ウクライナの議員は、ビットコインなどの仮想通貨を国家準備資産として保有することをウクライナ国立銀行(NBU)に認める法案を提出した。
6月10日に提出された法案13356号は、ウクライナ国立銀行法の改正を通じて、金や外貨に加えて仮想通貨を国家準備資産に含めることを可能にする内容となっている。
法案の提出を明らかにしたヤロスラフ・ジェレズニアク議員によれば、同法案はNBUに対してビットコイン(BTC)などの仮想通貨を保有する権限を付与するものの、保有を義務付けるものではないという。
NBUは、仮想通貨を保有するか否か、どれだけ保有するか、いつ保有するかといった判断について、完全な裁量権を持つことになる。

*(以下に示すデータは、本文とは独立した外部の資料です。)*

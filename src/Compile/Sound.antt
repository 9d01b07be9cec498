-- ===== src/Compile/Sound.antt =====
-- What holds of a compilation that raises nothing.
use he_mai_a.Prelude.{
  ℕ, ◌≡◌, refl, sym, ap, ◌∙◌, List, [], ◌∷◌, All, length, Option, Result, ok, err, ◌>>=◌, suc,
  subst,
}
use he_mai_a.Node.{KernelArgs}
use he_mai_a.Graph.{DiGraph}
use he_mai_a.Graph.Paths.{Algorithms}
use he_mai_a.Dfg.{Config, Dfg}
use he_mai_a.Dfg.Conditional.{Policy}
use he_mai_a.Validate.{
  collect_memory_handles, validate_memory_handles, validate_kernel_core_assignments,
}
use he_mai_a.Validate.Correct.{IsPlaced, validate_memory_handles_lem}
use he_mai_a.Validate.Kernels.{IsAssigned, validate_kernel_core_assignments_lem}
use he_mai_a.Compile.{
  Tables, sorted_nodes, transform, chiplet_tables, all_tables, bingo_emit_offload_c_code,
  bingo_compile_dfg,
}

bind_ok {ℓ κ} :
    {A : Type ℓ} {B : Type κ} (r : Result A) (f : A → Result B) (b : B)
    → (r >>= f) ≡ ok b
    → (a : A) × (r ≡ ok a) × (f a ≡ ok b)
bind_ok (ok a) f b e = (a, refl, e)
bind_ok (err x) f b e = cc

from_ok {ℓ} : {A : Type ℓ} → A → Result A → A
from_ok d (ok a) = a
from_ok d (err e) = d

ok_injective {ℓ} : {A : Type ℓ} (a b : A) → ok a ≡ ok b → a ≡ b
unfolding from_ok
ok_injective a b e = ap (from_ok a) e

module _ (nx : DiGraph) (alg : Algorithms nx) (custom_args : Policy → ℕ → Option KernelArgs)
    (c : Config) where
  open nx use {Graph}

  all_tables-length :
      (s : Dfg Graph) (ids : List ℕ) (tables : List Tables)
      → all_tables nx alg custom_args c s ids ≡ ok tables
      → length tables ≡ length ids
  unfolding all_tables
  all_tables-length s [] tables e = ap length (sym (ok_injective [] tables e))
  all_tables-length s (i ∷ is) tables e =
      let (first, e1, rest1) = bind_ok (chiplet_tables nx alg custom_args c s i) _ tables e in
      let (others, e2, rest2) = bind_ok (all_tables nx alg custom_args c s is) _ tables rest1 in
      ap length (sym (ok_injective (first ∷ others) tables rest2))
      ∙ ap suc (all_tables-length s is others e2)

  -- A compilation that returns has checked its result: every node of the transformed graph is on an
  -- existing core that its kernel belongs on, every memory handle is placed, and there is one set of
  -- tables for each chiplet.
  pub compile_sound :
      (s t : Dfg Graph) (tables : List Tables)
      → bingo_compile_dfg nx alg custom_args c s ≡ ok (t, tables)
      → All (IsAssigned c) (sorted_nodes nx alg custom_args c t)
        × All (IsPlaced c) (collect_memory_handles (sorted_nodes nx alg custom_args c t))
        × (length tables ≡ length c.chiplet_ids)
  unfolding bingo_compile_dfg bingo_emit_offload_c_code
  compile_sound s t tables e =
      let (u, e1, rest1) = bind_ok (transform nx alg custom_args c s) _ (t, tables) e in
      let (emitted, e2, rest2) =
        bind_ok (bingo_emit_offload_c_code nx alg custom_args c u) _ (t, tables) rest1 in
      let nodes_ = sorted_nodes nx alg custom_args c u in
      let (done1, e3, rest3) = bind_ok (validate_kernel_core_assignments c nodes_) _ emitted e2 in
      let (done2, e4, rest4) =
        bind_ok (validate_memory_handles c (collect_memory_handles nodes_)) _ emitted rest3 in
      let same : (u, emitted) ≡ (t, tables) = ok_injective (u, emitted) (t, tables) rest2 in
      let same_state : u ≡ t = ap (λ p. p.0) same in
      subst
        (λ x.
          All (IsAssigned c) (sorted_nodes nx alg custom_args c x)
          × All (IsPlaced c) (collect_memory_handles (sorted_nodes nx alg custom_args c x))
          × (length tables ≡ length c.chiplet_ids))
        same_state
        (
          (validate_kernel_core_assignments_lem c nodes_).0 e3,
          (validate_memory_handles_lem c (collect_memory_handles nodes_)).0 e4,
          ap length (sym (ap (λ p. p.1) same)) ∙ all_tables-length u c.chiplet_ids emitted rest4,
        )
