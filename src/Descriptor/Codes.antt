-- ===== src/Descriptor/Codes.antt =====
-- The one-hot codes and the index widths of a descriptor.
use native.Mathlib.Nat.{pow-suc, one-le-pow, pow-le-pow_right}
use he_mai_a.Prelude.{ℕ, suc, ◌^◌, ◌<◌, ◌≡◌, refl, ◌||◌, List, [], ◌∷◌, All, arith, foldl}
use he_mai_a.Prelude.Bits.{
  bit_or, ◌<<◌, test_bit, test_bit-or, test_bit-one_hot, test_bit-zero, bit_or-lt,
}
use he_mai_a.Prelude.Members.{contains}
use he_mai_a.Descriptor.{core_code}

code_from : ℕ → List ℕ → ℕ
code_from = foldl (λ code core_id. bit_or code (1 << core_id))

test_bit-code_from :
    (cores : List ℕ) (code i : ℕ)
    → test_bit (code_from code cores) i ≡ test_bit code i || contains cores i
unfolding code_from
test_bit-code_from [] code i = ground arith
test_bit-code_from (c ∷ cores) code i = ground (
  arith,
  test_bit-code_from cores (bit_or code (1 << c)) i,
  test_bit-or i code (1 << c),
  test_bit-one_hot c i,
)

-- Bit `i` of a dependency code is set exactly for the cores of the list, however often and in
-- whatever order the list names them.
pub test_bit-core_code : (cores : List ℕ) (i : ℕ) → test_bit (core_code cores) i ≡ contains cores i
unfolding core_code code_from
test_bit-core_code cores i = rw (test_bit-code_from cores 0 i) (rw (test_bit-zero i) refl)

one_hot-lt : (n c : ℕ) → c < n → 1 << c < 2 ^ n
one_hot-lt n c h = omega (
  arith,
  pow-suc 2 c,
  one-le-pow c 2,
  pow-le-pow_right {n = 2} (omega arith) {i = suc c} {j = n} h,
)

code_from-lt :
    (n : ℕ) (cores : List ℕ) (code : ℕ)
    → code < 2 ^ n
    → All (λ c. c < n) cores
    → code_from code cores < 2 ^ n
unfolding code_from
code_from-lt n [] code h hs = h
code_from-lt n (c ∷ cores) code h hs =
    code_from-lt n cores (bit_or code (1 << c)) (bit_or-lt n code (1 << c) h (one_hot-lt n c hs.0))
      hs.1

-- The code of cores below `n` takes `n` bits.
pub core_code-lt : (n : ℕ) (cores : List ℕ) → All (λ c. c < n) cores → core_code cores < 2 ^ n
unfolding core_code code_from
core_code-lt n cores h = code_from-lt n cores 0 (one-le-pow n 2 (omega arith)) h
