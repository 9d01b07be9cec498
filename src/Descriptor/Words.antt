-- ===== src/Descriptor/Words.antt =====
-- Writing fields one above the other, and reading them back: facts about any list of fields.
use native.Mathlib.Nat.{
  one-le-pow, pow-zero, pow-suc, mul_assoc, add-zero, add-suc, mul-one, add-mul-div_right,
  add-mul-mod_self_right, div-eq_of_lt, mod-eq_of_lt,
}
use he_mai_a.Prelude.{
  ℕ, zero, suc, ◌+◌, ◌*◌, ◌/◌, ◌^◌, ◌<◌, ◌≡◌, refl, sym, ap, ◌∙◌, String, List, [], ◌∷◌, All, arith,
}
use he_mai_a.Prelude.Bits.{bit_and, ◌>>>◌, mask, bit_or-shift, bit_and-mask}
use he_mai_a.Descriptor.{write_field, write_fields, read_fields}

abbrev pub Fits : ℕ × ℕ → Type 0
Fits (value, width) = value < 2 ^ width

abbrev pub total_width : List (ℕ × ℕ) → ℕ
total_width [] = 0
total_width ((value, width) ∷ rest) = width + total_width rest

-- The number whose digits, of the given widths, are the values.
abbrev pub concat : List (ℕ × ℕ) → ℕ
concat [] = 0
concat ((value, width) ∷ rest) = value + concat rest * 2 ^ width

pub pow-add : (m n : ℕ) → 2 ^ (m + n) ≡ 2 ^ m * 2 ^ n
pow-add m zero = rw (add-zero, pow-zero, mul-one) refl
pow-add m (suc n) = rw (add-suc, pow-suc, pow-suc, pow-add m n) (mul_assoc (2 ^ m) (2 ^ n) 2)

two_pow_pos : (k : ℕ) → 0 < 2 ^ k
two_pow_pos k = one-le-pow k 2 (omega arith)

-- A digit below a larger number.
digit_below : (v w rest n : ℕ) → v < 2 ^ w → rest < 2 ^ n → v + rest * 2 ^ w < 2 ^ (w + n)
digit_below v w rest n hv hr = rw (pow-add w n) (grind arith)

pub concat-lt : (fs : List (ℕ × ℕ)) → All Fits fs → concat fs < 2 ^ total_width fs
concat-lt [] h = omega arith
concat-lt ((v, w) ∷ fs) h = digit_below v w (concat fs) (total_width fs) h.0 (concat-lt fs h.1)

next_digit : (p s v w r : ℕ) → p + v * 2 ^ s + r * 2 ^ (s + w) ≡ p + (v + r * 2 ^ w) * 2 ^ s
next_digit p s v w r = rw (pow-add s w) (grind arith)

pub pair_path : {a b c d : ℕ} → a ≡ b → c ≡ d → ◌≡◌ {A = ℕ × ℕ} (a, c) (b, d)
pair_path p q = λ i. (p i, q i)

-- Values that fit their fields are put side by side above the bits in use.
pub write_fields-concat :
    (fs : List (ℕ × ℕ)) (p s : ℕ)
    → p < 2 ^ s
    → All Fits fs
    → write_fields (p, s) fs ≡ (p + concat fs * 2 ^ s, s + total_width fs)
unfolding write_fields write_field
write_fields-concat [] p s hp h = pair_path (omega arith) (omega arith)
write_fields-concat ((v, w) ∷ fs) p s hp h = rw (bit_or-shift s p v hp) (
    write_fields-concat fs (p + v * 2 ^ s) (s + w) (digit_below p s v w hp h.0) h.1
    ∙ pair_path (next_digit p s v w (concat fs)) (omega arith))

-- The dictionary rows of a list of fields: its widths, and its values.
abbrev pub widths : List String → List (ℕ × ℕ) → List (String × ℕ)
widths [] fs = []
widths (k ∷ ks) [] = []
widths (k ∷ ks) ((v, w) ∷ fs) = (k, w) ∷ widths ks fs

abbrev pub values : List String → List (ℕ × ℕ) → List (String × ℕ)
values [] fs = []
values (k ∷ ks) [] = []
values (k ∷ ks) ((v, w) ∷ fs) = (k, v) ∷ values ks fs

above : (p s r : ℕ) → p < 2 ^ s → (p + r * 2 ^ s) / 2 ^ s ≡ r
above p s r h = add-mul-div_right p r (two_pow_pos s) ∙ omega (arith, div-eq_of_lt h)

read_digit :
    (p s v w r : ℕ)
    → p < 2 ^ s
    → v < 2 ^ w
    → bit_and ((p + (v + r * 2 ^ w) * 2 ^ s) >>> s) (mask w) ≡ v
read_digit p s v w r hp hv =
    rw (above p s (v + r * 2 ^ w) hp)
      (bit_and-mask w (v + r * 2 ^ w) ∙ add-mul-mod_self_right v r (2 ^ w) ∙ mod-eq_of_lt hv)

-- Reading at the offset and width of each field gives its value back.
pub read_fields-concat :
    (ks : List String) (fs : List (ℕ × ℕ)) (p s : ℕ)
    → p < 2 ^ s
    → All Fits fs
    → read_fields (p + concat fs * 2 ^ s) s (widths ks fs) ≡ values ks fs
unfolding read_fields
read_fields-concat [] fs p s hp h = refl
read_fields-concat (k ∷ ks) [] p s hp h = refl
read_fields-concat (k ∷ ks) ((v, w) ∷ fs) p s hp h = rw (read_digit p s v w (concat fs) hp h.0) (
    ap (λ rest. (k, v) ∷ rest)
      (ap (λ x. read_fields x (s + w) (widths ks fs)) (sym (next_digit p s v w (concat fs)))
        ∙ read_fields-concat ks fs (p + v * 2 ^ s) (s + w) (digit_below p s v w hp h.0) h.1))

「どのように、いつ、どれほど保有するかは、規制当局自身が決めることになる」とジェレズニアク氏は語った。
マクロ経済の安定とデジタル経済成長の一手に
最終的な判断はNBUに委ねるかたちではあるが、ジェレズニアク氏は、仮想通貨の国家準備資産化は、ウクライナがグローバルな金融イノベーションに参加する一歩だと主張している。
同氏は「仮想通貨の準備資産を適切に管理することで、マクロ経済の安定を強化し、デジタル経済の発展に新たな機会を生み出すことができる」と述べている。
また、同氏は、バイナンスの東欧および中央アジア地域責任者であるキリロ・ホミャコフ氏とともに、この法案の背景や意義についてビデオ形式でコメントを発表。ホミャコフ氏は法案の作成に協力しているという。バイナンスは複数の国に対して仮想通貨準備資産の導入を助言していると報じられている。
仮想通貨推進ではなく選択肢の確保
ジェレズニアク氏は、今回の法案提出がウクライナ政府として仮想通貨を推進するという姿勢を示すものではないと説明する一方で、「国際的な採用の流れを見逃したくない」と述べた。
「この構想には存在意義がある。実際に多くの国々がすでに導入に動いている」と同氏は語り、米国やエルサルバドルなどの事例を引き合いに出した。